— ABOUT THIS TASK —
Every line from the one containing "(segments : List" to the one containing "abbrev pub hello_server" in the records below, both included, must be set down exactly, and no other line.

··· EXERCISE INPUT ···

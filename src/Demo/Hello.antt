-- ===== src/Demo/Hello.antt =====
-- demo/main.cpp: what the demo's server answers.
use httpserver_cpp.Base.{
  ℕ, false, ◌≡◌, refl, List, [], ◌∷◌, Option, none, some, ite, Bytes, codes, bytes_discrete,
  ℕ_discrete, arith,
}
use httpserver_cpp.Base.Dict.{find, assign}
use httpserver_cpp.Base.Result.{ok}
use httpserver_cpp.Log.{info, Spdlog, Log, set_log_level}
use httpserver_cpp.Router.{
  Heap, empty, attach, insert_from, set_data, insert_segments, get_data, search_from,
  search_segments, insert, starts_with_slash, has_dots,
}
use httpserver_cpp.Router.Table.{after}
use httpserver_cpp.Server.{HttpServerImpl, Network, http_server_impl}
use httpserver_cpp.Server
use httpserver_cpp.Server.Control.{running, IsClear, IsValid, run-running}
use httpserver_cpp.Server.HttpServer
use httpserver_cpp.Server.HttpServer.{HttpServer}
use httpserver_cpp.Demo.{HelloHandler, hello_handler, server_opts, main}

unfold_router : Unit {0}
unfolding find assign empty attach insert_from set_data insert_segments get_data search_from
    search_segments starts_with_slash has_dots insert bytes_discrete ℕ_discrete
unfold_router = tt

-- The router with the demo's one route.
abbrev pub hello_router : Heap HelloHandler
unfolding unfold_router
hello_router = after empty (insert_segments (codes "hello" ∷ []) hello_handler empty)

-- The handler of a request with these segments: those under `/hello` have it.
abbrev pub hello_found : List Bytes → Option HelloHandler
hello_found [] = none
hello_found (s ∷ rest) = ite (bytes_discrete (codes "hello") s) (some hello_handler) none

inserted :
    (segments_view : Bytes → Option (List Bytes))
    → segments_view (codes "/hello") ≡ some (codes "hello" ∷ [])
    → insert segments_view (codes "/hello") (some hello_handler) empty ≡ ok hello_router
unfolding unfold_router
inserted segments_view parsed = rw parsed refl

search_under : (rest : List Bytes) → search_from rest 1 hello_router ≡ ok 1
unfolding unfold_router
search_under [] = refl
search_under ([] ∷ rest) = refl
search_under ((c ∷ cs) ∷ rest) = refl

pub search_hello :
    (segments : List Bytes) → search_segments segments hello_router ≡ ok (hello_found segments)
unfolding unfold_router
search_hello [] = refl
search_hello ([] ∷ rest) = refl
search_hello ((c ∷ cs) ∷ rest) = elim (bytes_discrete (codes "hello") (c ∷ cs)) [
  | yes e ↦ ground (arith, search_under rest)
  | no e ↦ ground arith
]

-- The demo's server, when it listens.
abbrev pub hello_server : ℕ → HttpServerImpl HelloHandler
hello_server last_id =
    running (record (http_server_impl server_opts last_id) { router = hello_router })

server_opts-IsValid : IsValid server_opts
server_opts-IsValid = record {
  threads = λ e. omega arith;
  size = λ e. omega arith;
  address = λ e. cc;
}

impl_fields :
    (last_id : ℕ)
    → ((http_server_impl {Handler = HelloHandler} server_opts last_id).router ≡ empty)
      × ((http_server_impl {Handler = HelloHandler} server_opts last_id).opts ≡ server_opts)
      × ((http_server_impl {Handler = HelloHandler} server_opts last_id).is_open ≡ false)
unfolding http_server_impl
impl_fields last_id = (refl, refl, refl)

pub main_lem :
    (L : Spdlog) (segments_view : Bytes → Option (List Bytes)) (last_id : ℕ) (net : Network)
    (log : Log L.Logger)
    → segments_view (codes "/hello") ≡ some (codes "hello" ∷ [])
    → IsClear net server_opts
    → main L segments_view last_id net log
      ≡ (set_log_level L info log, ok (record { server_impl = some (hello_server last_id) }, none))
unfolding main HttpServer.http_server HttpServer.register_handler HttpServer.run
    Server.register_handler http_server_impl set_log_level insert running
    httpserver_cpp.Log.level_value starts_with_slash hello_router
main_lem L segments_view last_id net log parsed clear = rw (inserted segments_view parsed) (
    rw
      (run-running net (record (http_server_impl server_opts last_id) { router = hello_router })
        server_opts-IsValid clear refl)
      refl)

···

— ANSWER —
    (segments : List Bytes) → search_segments segments hello_router ≡ ok (hello_found segments)
unfolding unfold_router
search_hello [] = refl
search_hello ([] ∷ rest) = refl
search_hello ((c ∷ cs) ∷ rest) = elim (bytes_discrete (codes "hello") (c ∷ cs)) [
  | yes e ↦ ground (arith, search_under rest)
  | no e ↦ ground arith
]

-- The demo's server, when it listens.
abbrev pub hello_server : ℕ → HttpServerImpl HelloHandler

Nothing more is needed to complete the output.